[TASK OBJECTIVE]
The lines from the top of the listing through the one containing "d.namespace ≡ false)" are to be retyped exactly, with no other lines.

[DATA SUPPLIED]

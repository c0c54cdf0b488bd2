-- ===== src/Csv/Required.antt =====
-- The fields without which no ClusterServiceVersion is made.
use vm_file_restore_operator.Base.{◌≡◌, refl, false, Bool-cases, inl, inr}
use vm_file_restore_operator.Base.Texts.{is_empty}
use vm_file_restore_operator.Errors.{ok}
use vm_file_restore_operator.Csv.{ClusterServiceVersionData, ClusterServiceVersion}
use vm_file_restore_operator.Csv.Manifest.{new_cluster_service_version, csv_of}

pub new_cluster_service_version-ok :
    (d : ClusterServiceVersionData) (csv : ClusterServiceVersion)
    → new_cluster_service_version d ≡ ok csv
    → (is_empty d.csv_version ≡ false)
      × (is_empty d.namespace ≡ false)
      × (is_empty d.operator_image ≡ false)
      × (csv_of d ≡ csv)
unfolding new_cluster_service_version
new_cluster_service_version-ok d csv e = elim (Bool-cases (is_empty d.csv_version)) [
  | inl no_version ↦ cc (rw no_version at e)
  | inr version ↦ elim (Bool-cases (is_empty d.namespace)) [
    | inl no_namespace ↦ cc (rw (version, no_namespace) at e)
    | inr namespace ↦ elim (Bool-cases (is_empty d.operator_image)) [
      | inl no_image ↦ cc (rw (version, namespace, no_image) at e)
      | inr image ↦
          let k : ok (csv_of d) ≡ ok csv = rw (version, namespace, image) at e in
          (version, namespace, image, cc)
    ]
  ]
]

pub new_cluster_service_version-filled :
    (d : ClusterServiceVersionData)
    → is_empty d.csv_version ≡ false
    → is_empty d.namespace ≡ false
    → is_empty d.operator_image ≡ false
    → new_cluster_service_version d ≡ ok (csv_of d)
unfolding new_cluster_service_version
new_cluster_service_version-filled d v n i = rw (v, n, i) refl
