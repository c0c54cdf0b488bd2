-- ===== src/Csv/Access.antt =====
-- The requests of the operator, and the rules that its ClusterServiceVersion has for them.
use vm_file_restore_operator.Base.{
  String, Bool, true, false, ◌&&◌, ◌||◌, ◌=?◌, List, [], ◌∷◌, ◌++◌, exists,
}
use vm_file_restore_operator.Csv.{PolicyRule, Permissions, ClusterServiceVersion}

-- In the operator's namespace, or in any.
pub data Scope : Type 0 where
  own_namespace any_namespace : Scope

pub record Request : Type 0 where
  pub scope : Scope
  pub group : String
  pub resource : String
  pub verb : String

-- The calls of the operator that go to the API server: the client, the recorder, leader election.
pub data Call : Type 0 where
  get_restore update_restore patch_status : Call
  get_machine patch_machine get_instance get_claim get_snapshot list_pods : Call
  create_data_volume delete_data_volume : Call
  read_snapshot read_content read_data_volume read_secret : Call
  event : Call
  get_operator update_operator_status list_operators : Call
  create_secret get_config_map create_config_map update_config_map delete_config_map : Call
  elect_leader : Call

abbrev pub requests : Scope → String → String → List String → List Request
requests scope group resource [] = []
requests scope group resource (verb ∷ verbs) =
    record { scope = scope; group = group; resource = resource; verb = verb }
    ∷ requests scope group resource verbs

-- A read through the cache needs a list and a watch, one of the reader without a cache a get.
unfoldable pub requests_of : Call → List Request
requests_of get_restore =
    requests any_namespace "filerestore.kubevirt.io" "virtualmachinefilerestores"
      ("list" ∷ "watch" ∷ [])
requests_of update_restore =
    requests any_namespace "filerestore.kubevirt.io" "virtualmachinefilerestores" ("update" ∷ [])
requests_of patch_status =
    requests any_namespace "filerestore.kubevirt.io" "virtualmachinefilerestores/status"
      ("patch" ∷ [])
requests_of get_machine =
    requests any_namespace "kubevirt.io" "virtualmachines" ("list" ∷ "watch" ∷ [])
requests_of patch_machine = requests any_namespace "kubevirt.io" "virtualmachines" ("patch" ∷ [])
requests_of get_instance =
    requests any_namespace "kubevirt.io" "virtualmachineinstances" ("list" ∷ "watch" ∷ [])
requests_of get_claim = requests any_namespace "" "persistentvolumeclaims" ("list" ∷ "watch" ∷ [])
requests_of get_snapshot =
    requests any_namespace "snapshot.storage.k8s.io" "volumesnapshots" ("list" ∷ "watch" ∷ [])
requests_of list_pods = requests any_namespace "" "pods" ("list" ∷ "watch" ∷ [])
requests_of create_data_volume =
    requests any_namespace "cdi.kubevirt.io" "datavolumes" ("create" ∷ [])
requests_of delete_data_volume =
    requests any_namespace "cdi.kubevirt.io" "datavolumes" ("delete" ∷ [])
requests_of read_snapshot =
    requests any_namespace "snapshot.storage.k8s.io" "volumesnapshots" ("get" ∷ [])
requests_of read_content =
    requests any_namespace "snapshot.storage.k8s.io" "volumesnapshotcontents" ("get" ∷ [])
requests_of read_data_volume = requests any_namespace "cdi.kubevirt.io" "datavolumes" ("get" ∷ [])
requests_of read_secret = requests own_namespace "" "secrets" ("get" ∷ [])
requests_of event = requests any_namespace "" "events" ("create" ∷ "patch" ∷ [])
requests_of get_operator =
    requests any_namespace "filerestore.kubevirt.io" "filerestoreoperators" ("list" ∷ "watch" ∷ [])
requests_of update_operator_status =
    requests any_namespace "filerestore.kubevirt.io" "filerestoreoperators/status" ("update" ∷ [])
requests_of list_operators =
    requests any_namespace "filerestore.kubevirt.io" "filerestoreoperators" ("list" ∷ "watch" ∷ [])
requests_of create_secret = requests own_namespace "" "secrets" ("create" ∷ [])
requests_of get_config_map = requests own_namespace "" "configmaps" ("get" ∷ [])
requests_of create_config_map = requests own_namespace "" "configmaps" ("create" ∷ [])
requests_of update_config_map = requests own_namespace "" "configmaps" ("update" ∷ [])
requests_of delete_config_map = requests own_namespace "" "configmaps" ("delete" ∷ [])
requests_of elect_leader =
    requests own_namespace "coordination.k8s.io" "leases" ("get" ∷ "create" ∷ "update" ∷ [])

-- The documented matching of RBAC: one rule has the group, the resource and the verb; a star stands
-- for all.
abbrev pub names : String → List String → Bool
names s list = exists (λ t. t =? s || t =? "*") list

abbrev pub rule_allows : Request → PolicyRule → Bool
rule_allows r p = names r.group p.api_groups && names r.resource p.resources && names r.verb p.verbs

abbrev pub all_rules : List Permissions → List PolicyRule
all_rules [] = []
all_rules (p ∷ ps) = p.rules ++ all_rules ps

-- A role of the operator's namespace does not reach beyond it.
abbrev pub rules_for : Scope → ClusterServiceVersion → List PolicyRule
rules_for own_namespace csv = all_rules csv.permissions ++ all_rules csv.cluster_permissions
rules_for any_namespace csv = all_rules csv.cluster_permissions

abbrev pub is_granted : ClusterServiceVersion → Request → Bool
is_granted csv r = exists (rule_allows r) (rules_for r.scope csv)

abbrev pub all_granted : ClusterServiceVersion → List Request → Bool
all_granted csv [] = true
all_granted csv (r ∷ rs) = is_granted csv r && all_granted csv rs

-- The calls that lack a rule.
abbrev pub lacks_rule : Call → Bool
lacks_rule read_content = true
lacks_rule event = true
lacks_rule _ = false
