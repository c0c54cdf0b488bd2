-- ===== src/Csv/Generator.antt =====
-- tools/csv-generator/csv-generator.go.
pub mod Printed
use vm_file_restore_operator.Base.{ℕ, String, ◌<>◌, Bool, true, false, if◌then◌else◌}
use vm_file_restore_operator.Base.Texts.{is_empty}
use vm_file_restore_operator.Errors.{Error, Result, ok, err}
use vm_file_restore_operator.Monad.{Action, pure, ◌>>=◌, ◌>>◌, on_result}
use vm_file_restore_operator.Csv.{ClusterServiceVersionData, ClusterServiceVersion}
use vm_file_restore_operator.Csv.Manifest.{new_cluster_service_version}

-- The flags, after `flag.Parse`.
pub record GeneratorFlags : Type 0 where
  pub data_of : ClusterServiceVersionData
  pub dump_crds : Bool

-- The YAML library, and the output of the process. `print` is `fmt.Print`, whose error is dropped.
pub record GeneratorApi : Type 1 where
  pub World : Type 0
  pub marshal : ClusterServiceVersion → Result String
  pub print : String → Action World (Unit {0})
  pub write : String → Action World (Result (Unit {0}))
  pub report : String → Action World (Unit {0})
  pub usage : Action World (Unit {0})
  pub restores_crd : String
  pub operators_crd : String

module _ (api : GeneratorApi) where
  open api use {World}

  -- The exit status.
  abbrev pub Program : Type 0
  Program = Action World ℕ

  unfoldable pub fail_with : String → Program
  fail_with message = do api.report message; pure 1

  -- `if *flag == "" { …; flag.Usage(); os.Exit(1) }`
  unfoldable pub require : String → String → Program → Program
  require value name k =
      if is_empty value
      then (do api.report ("Error: --" <> (name <> " is required")); api.usage; pure 1)
      else k

  unfoldable pub write_crds : Program
  write_crds = do
    first ← api.write api.restores_crd
    on_result first (λ e. fail_with ("Error writing CRD: " <> e.message))
        (λ _. do
          second ← api.write api.operators_crd
          on_result second (λ e. fail_with ("Error writing CRD: " <> e.message)) (λ _. pure 0))

  unfoldable pub print_csv : Bool → String → Program
  print_csv dump_crds yaml = do
    api.print "---\n"
    api.print yaml
    if dump_crds then write_crds else pure 0

  unfoldable pub generate : GeneratorFlags → Program
  generate flags =
      on_result (new_cluster_service_version flags.data_of)
        (λ e. fail_with ("Error creating CSV: " <> e.message))
        (λ csv.
          on_result (api.marshal csv)
            (λ e. fail_with ("Error marshaling CSV to YAML: " <> e.message))
            (print_csv flags.dump_crds))

  -- `main`
  unfoldable pub generator_main : GeneratorFlags → Program
  generator_main flags = require flags.data_of.csv_version "csv-version" (
      require flags.data_of.namespace "namespace" (
        require flags.data_of.operator_image "operator-image"
          (require flags.data_of.operator_version "operator-version" (generate flags))))
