-- ===== src/Csv/Generator/Printed.antt =====
-- What the generator prints.
use vm_file_restore_operator.Base.{ℕ, ◌≡◌, refl, String, false, Bool-cases, inl, inr, arith}
use vm_file_restore_operator.Base.Texts.{is_empty}
use vm_file_restore_operator.Errors.{ok}
use vm_file_restore_operator.Monad.{pure, ◌>>=◌, ◌>>◌, on_result}
use vm_file_restore_operator.Csv.Manifest.{csv_of}
use vm_file_restore_operator.Csv.Required.{new_cluster_service_version-filled}
use vm_file_restore_operator.Csv.Generator.{
  GeneratorFlags, GeneratorApi, require, print_csv, generate, generator_main,
}

module _ (api : GeneratorApi) where
  open api use {World}

  -- A missing flag gives the exit status 1.
  require-zero :
      (value name : String) (k : World → ℕ × World) (w : World)
      → (require api value name k w).0 ≡ 0
      → (is_empty value ≡ false) × ((k w).0 ≡ 0)
  unfolding require pure ◌>>◌ ◌>>=◌
  require-zero value name k w e = elim (Bool-cases (is_empty value)) [
    | inl missing ↦ let bad : ◌≡◌ {A = ℕ} 1 0 = rw missing at e in absurd (omega arith)
    | inr given ↦ (given, rw given at e)
  ]

  -- The generator ends with the exit status 0 only if the four required flags are given.
  pub generator_main-zero :
      (flags : GeneratorFlags) (w : World)
      → (generator_main api flags w).0 ≡ 0
      → (is_empty flags.data_of.csv_version ≡ false)
        × (is_empty flags.data_of.namespace ≡ false)
        × (is_empty flags.data_of.operator_image ≡ false)
        × (is_empty flags.data_of.operator_version ≡ false)
  unfolding generator_main
  generator_main-zero flags w e =
      let (version, e1) = require-zero _ _ _ w e in
      let (namespace, e2) = require-zero _ _ _ w e1 in
      let (image, e3) = require-zero _ _ _ w e2 in
      let (operator_version, _) = require-zero _ _ _ w e3 in
      (version, namespace, image, operator_version)

  -- With the four flags, the object that is printed is the one of the flags, behind a line of
  -- dashes; without `--dump-crds` nothing else is printed, and the exit status is 0.
  pub generator_main-prints :
      (flags : GeneratorFlags) (yaml : String) (w : World)
      → is_empty flags.data_of.csv_version ≡ false
      → is_empty flags.data_of.namespace ≡ false
      → is_empty flags.data_of.operator_image ≡ false
      → is_empty flags.data_of.operator_version ≡ false
      → api.marshal (csv_of flags.data_of) ≡ ok yaml
      → flags.dump_crds ≡ false
      → generator_main api flags w ≡ (0, (api.print yaml (api.print "---\n" w).1).1)
  unfolding generator_main require generate print_csv on_result pure ◌>>◌ ◌>>=◌
  generator_main-prints flags yaml w version namespace image operator_version marshalled quiet =
      rw (version, namespace, image, operator_version)
        (rw (new_cluster_service_version-filled flags.data_of version namespace image, on_result)
          (rw (marshalled, on_result) (rw quiet refl)))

[EXERCISE RESPONSE]
repository c0c54cdf0b488bd2
-- ===== src/Csv/Required.antt =====
-- The fields without which no ClusterServiceVersion is made.
use vm_file_restore_operator.Base.{◌≡◌, refl, false, Bool-cases, inl, inr}
use vm_file_restore_operator.Base.Texts.{is_empty}
use vm_file_restore_operator.Errors.{ok}
use vm_file_restore_operator.Csv.{ClusterServiceVersionData, ClusterServiceVersion}
use vm_file_restore_operator.Csv.Manifest.{new_cluster_service_version, csv_of}

pub new_cluster_service_version-ok :
    (d : ClusterServiceVersionData) (csv : ClusterServiceVersion)
    → new_cluster_service_version d ≡ ok csv
    → (is_empty d.csv_version ≡ false)
      × (is_empty d.namespace ≡ false)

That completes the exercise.